Exercise brief:
Search the listing for the string "later" and copy every line that contains it.

Data section:
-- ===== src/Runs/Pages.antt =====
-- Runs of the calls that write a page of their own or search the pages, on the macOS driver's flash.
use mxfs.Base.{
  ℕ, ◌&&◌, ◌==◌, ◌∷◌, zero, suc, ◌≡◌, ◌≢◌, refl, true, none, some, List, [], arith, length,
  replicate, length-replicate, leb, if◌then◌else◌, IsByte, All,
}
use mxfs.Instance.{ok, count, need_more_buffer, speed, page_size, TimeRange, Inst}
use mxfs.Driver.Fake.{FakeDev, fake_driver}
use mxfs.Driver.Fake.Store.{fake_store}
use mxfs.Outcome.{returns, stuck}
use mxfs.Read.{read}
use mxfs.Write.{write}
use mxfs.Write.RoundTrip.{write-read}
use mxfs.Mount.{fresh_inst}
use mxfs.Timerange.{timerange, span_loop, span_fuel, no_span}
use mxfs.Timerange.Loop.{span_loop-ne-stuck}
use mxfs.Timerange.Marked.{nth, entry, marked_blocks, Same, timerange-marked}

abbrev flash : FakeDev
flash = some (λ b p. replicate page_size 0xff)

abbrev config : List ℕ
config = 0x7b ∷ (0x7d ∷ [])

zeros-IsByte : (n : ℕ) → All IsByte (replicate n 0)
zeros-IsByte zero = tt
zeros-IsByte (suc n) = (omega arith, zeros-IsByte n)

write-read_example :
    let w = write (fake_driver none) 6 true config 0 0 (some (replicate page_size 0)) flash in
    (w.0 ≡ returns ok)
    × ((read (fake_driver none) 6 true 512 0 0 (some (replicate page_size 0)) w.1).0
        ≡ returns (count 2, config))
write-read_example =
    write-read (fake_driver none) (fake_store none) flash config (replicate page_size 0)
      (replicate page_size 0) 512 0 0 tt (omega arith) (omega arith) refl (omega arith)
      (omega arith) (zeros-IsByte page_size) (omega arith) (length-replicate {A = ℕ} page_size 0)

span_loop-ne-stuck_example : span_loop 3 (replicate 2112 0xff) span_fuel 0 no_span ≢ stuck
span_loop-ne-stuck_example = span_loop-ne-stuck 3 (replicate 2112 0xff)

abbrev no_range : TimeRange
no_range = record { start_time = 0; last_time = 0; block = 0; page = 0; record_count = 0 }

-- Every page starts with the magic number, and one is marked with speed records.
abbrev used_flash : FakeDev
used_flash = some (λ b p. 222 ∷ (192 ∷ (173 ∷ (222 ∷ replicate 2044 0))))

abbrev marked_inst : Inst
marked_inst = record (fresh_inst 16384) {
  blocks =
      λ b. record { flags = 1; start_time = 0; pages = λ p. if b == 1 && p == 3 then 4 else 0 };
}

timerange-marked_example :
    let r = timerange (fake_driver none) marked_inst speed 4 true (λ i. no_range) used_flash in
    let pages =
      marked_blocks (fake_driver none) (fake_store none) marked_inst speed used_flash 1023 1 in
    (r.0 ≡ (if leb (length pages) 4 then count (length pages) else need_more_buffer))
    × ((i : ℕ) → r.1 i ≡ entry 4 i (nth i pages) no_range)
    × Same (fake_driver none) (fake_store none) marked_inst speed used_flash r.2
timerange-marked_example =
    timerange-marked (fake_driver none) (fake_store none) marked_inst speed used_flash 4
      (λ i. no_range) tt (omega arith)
==
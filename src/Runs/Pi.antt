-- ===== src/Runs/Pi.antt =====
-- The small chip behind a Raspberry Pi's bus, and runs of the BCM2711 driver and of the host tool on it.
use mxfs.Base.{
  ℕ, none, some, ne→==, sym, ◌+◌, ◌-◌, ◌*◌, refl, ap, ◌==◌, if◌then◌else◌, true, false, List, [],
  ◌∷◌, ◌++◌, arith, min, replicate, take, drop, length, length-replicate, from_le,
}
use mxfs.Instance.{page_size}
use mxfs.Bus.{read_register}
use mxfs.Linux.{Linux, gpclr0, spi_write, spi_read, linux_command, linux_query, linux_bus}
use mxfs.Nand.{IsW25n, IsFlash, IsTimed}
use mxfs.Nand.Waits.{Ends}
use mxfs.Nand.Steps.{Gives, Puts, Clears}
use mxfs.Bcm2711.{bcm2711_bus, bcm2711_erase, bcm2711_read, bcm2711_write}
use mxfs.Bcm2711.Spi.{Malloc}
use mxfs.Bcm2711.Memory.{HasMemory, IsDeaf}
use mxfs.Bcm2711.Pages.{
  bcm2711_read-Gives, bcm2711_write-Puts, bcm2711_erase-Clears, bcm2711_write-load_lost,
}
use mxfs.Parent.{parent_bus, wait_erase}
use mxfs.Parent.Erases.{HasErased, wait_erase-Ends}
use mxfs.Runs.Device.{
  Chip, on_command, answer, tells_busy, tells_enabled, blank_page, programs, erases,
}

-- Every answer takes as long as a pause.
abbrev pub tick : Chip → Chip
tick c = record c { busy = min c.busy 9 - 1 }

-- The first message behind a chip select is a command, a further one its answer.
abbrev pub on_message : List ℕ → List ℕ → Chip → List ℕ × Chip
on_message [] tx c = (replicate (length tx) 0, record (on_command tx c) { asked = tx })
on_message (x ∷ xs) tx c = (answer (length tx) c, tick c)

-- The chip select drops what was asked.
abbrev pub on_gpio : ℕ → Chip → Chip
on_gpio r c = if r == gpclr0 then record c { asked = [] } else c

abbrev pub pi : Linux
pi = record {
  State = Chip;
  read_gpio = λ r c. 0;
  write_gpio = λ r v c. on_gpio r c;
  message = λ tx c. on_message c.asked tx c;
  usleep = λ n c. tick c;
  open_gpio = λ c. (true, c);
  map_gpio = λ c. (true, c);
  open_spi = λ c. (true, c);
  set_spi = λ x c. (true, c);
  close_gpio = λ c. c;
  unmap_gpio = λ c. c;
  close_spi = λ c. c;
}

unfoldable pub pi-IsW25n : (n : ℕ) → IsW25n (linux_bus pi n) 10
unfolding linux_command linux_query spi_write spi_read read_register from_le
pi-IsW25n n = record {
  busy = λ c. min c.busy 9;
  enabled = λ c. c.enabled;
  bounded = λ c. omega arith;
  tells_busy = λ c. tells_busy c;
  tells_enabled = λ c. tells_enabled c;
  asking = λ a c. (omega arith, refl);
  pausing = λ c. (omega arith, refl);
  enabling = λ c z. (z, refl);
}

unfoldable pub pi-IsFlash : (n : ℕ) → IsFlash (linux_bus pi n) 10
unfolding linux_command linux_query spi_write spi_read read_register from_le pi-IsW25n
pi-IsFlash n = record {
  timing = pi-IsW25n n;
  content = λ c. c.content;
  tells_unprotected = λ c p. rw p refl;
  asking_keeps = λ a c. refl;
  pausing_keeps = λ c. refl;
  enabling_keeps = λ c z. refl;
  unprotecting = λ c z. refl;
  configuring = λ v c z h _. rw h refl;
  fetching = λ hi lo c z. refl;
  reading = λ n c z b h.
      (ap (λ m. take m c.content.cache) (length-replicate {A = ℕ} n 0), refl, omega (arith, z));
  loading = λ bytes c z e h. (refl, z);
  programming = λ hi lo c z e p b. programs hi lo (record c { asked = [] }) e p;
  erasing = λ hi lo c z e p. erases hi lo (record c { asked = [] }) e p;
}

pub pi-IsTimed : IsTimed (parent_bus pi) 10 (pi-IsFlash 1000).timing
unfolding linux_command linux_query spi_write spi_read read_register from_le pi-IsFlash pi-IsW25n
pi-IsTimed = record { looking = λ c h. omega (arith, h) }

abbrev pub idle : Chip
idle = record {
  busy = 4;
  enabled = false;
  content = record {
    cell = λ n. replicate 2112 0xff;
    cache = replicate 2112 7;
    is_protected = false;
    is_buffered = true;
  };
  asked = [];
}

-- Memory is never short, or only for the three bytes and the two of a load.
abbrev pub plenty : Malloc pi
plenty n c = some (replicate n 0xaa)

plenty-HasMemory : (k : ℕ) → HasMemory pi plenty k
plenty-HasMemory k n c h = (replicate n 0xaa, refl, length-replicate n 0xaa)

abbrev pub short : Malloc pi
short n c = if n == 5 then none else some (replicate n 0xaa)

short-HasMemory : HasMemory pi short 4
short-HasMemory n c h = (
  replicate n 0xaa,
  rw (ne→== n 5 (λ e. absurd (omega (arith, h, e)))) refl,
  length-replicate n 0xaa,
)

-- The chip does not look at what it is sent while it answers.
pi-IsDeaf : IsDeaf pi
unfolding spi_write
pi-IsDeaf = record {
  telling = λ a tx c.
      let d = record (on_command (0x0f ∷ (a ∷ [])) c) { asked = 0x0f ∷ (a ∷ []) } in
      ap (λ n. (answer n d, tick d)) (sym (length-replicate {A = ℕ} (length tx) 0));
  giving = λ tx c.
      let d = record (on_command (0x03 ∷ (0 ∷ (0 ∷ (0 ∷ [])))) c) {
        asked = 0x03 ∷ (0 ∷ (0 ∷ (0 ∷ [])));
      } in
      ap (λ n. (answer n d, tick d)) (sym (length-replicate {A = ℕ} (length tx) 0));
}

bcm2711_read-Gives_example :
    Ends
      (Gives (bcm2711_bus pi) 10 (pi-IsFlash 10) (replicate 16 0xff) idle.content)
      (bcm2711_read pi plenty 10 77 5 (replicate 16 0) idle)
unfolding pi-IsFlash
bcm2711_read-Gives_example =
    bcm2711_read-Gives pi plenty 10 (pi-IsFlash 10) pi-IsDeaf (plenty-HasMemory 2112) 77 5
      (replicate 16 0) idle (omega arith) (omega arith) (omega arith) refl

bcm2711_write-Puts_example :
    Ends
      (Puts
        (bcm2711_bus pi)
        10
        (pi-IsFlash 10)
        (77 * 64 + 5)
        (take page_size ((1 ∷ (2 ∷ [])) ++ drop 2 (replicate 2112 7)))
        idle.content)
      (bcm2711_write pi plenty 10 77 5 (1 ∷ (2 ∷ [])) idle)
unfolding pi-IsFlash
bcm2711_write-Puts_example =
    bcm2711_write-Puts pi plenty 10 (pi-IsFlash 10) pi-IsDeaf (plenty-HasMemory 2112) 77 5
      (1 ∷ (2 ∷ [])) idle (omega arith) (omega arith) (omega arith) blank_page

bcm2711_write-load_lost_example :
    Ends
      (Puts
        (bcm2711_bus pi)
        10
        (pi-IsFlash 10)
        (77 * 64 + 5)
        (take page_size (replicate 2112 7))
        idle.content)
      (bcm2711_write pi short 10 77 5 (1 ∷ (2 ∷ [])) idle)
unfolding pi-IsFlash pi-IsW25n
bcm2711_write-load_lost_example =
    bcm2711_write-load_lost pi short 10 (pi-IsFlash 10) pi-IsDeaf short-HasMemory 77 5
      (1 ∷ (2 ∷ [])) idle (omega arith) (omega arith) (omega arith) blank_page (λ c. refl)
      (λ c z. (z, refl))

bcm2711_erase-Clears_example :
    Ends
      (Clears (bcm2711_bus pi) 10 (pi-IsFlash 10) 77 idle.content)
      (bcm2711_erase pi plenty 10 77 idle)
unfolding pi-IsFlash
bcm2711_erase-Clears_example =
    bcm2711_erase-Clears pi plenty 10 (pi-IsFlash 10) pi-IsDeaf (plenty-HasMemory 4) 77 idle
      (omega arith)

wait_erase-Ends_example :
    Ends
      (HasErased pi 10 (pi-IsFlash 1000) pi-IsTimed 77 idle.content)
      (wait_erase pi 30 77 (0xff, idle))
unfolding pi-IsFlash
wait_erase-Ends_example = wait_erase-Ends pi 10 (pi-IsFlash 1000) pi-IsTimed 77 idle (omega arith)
--
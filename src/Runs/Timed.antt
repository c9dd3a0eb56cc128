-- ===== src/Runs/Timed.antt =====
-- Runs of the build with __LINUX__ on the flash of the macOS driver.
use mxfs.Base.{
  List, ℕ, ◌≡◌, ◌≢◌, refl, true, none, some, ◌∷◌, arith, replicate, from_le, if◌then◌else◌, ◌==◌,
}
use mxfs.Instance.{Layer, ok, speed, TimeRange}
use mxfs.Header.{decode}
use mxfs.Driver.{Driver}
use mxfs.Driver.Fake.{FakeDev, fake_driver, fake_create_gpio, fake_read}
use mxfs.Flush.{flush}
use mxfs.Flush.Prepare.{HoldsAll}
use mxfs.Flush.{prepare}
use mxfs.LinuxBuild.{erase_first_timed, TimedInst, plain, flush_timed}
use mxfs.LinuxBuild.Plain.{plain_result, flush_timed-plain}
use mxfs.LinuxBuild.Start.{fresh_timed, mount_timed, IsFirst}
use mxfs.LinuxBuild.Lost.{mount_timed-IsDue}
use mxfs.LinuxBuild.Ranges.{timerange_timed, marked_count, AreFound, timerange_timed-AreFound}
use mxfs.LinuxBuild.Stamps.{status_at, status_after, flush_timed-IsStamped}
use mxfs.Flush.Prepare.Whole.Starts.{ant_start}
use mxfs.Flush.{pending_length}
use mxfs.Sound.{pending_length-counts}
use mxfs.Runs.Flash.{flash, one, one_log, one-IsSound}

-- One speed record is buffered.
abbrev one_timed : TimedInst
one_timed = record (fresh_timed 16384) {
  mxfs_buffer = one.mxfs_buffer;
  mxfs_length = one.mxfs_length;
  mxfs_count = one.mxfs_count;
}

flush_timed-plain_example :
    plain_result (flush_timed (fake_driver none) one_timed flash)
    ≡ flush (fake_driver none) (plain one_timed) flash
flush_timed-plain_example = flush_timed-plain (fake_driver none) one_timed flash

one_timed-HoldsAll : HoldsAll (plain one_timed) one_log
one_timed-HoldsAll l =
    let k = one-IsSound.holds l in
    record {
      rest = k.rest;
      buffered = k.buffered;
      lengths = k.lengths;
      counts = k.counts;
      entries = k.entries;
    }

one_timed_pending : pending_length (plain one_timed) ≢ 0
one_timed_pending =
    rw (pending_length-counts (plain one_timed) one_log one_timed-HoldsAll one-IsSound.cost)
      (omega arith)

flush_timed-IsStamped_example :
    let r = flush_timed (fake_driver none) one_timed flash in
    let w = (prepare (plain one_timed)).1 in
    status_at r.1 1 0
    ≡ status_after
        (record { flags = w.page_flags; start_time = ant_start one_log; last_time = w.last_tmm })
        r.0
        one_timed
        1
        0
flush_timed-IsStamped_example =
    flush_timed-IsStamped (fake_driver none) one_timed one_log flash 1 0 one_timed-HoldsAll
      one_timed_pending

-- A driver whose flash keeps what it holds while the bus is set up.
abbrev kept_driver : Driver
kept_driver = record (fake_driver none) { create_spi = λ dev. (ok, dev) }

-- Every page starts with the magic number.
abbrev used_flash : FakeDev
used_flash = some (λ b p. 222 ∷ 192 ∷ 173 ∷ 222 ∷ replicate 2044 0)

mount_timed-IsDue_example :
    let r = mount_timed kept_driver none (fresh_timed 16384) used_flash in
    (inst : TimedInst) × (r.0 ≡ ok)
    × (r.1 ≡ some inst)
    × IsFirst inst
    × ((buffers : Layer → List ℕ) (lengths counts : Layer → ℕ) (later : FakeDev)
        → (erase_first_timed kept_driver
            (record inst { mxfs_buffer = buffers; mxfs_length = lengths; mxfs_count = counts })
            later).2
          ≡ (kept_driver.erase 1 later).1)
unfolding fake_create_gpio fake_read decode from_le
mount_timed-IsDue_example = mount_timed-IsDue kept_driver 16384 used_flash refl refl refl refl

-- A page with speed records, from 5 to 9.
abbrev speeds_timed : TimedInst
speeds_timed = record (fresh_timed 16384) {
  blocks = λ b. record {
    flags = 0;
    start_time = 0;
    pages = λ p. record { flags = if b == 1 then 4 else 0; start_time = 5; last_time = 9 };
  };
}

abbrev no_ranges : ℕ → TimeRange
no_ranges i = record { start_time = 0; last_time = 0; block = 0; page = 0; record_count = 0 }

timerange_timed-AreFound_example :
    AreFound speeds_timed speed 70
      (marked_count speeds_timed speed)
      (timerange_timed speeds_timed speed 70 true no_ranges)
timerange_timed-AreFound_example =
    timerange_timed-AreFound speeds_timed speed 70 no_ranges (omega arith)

Output for this exercise:
    × ((buffers : Layer → List ℕ) (lengths counts : Layer → ℕ) (later : FakeDev)
            later).2
          ≡ (kept_driver.erase 1 later).1)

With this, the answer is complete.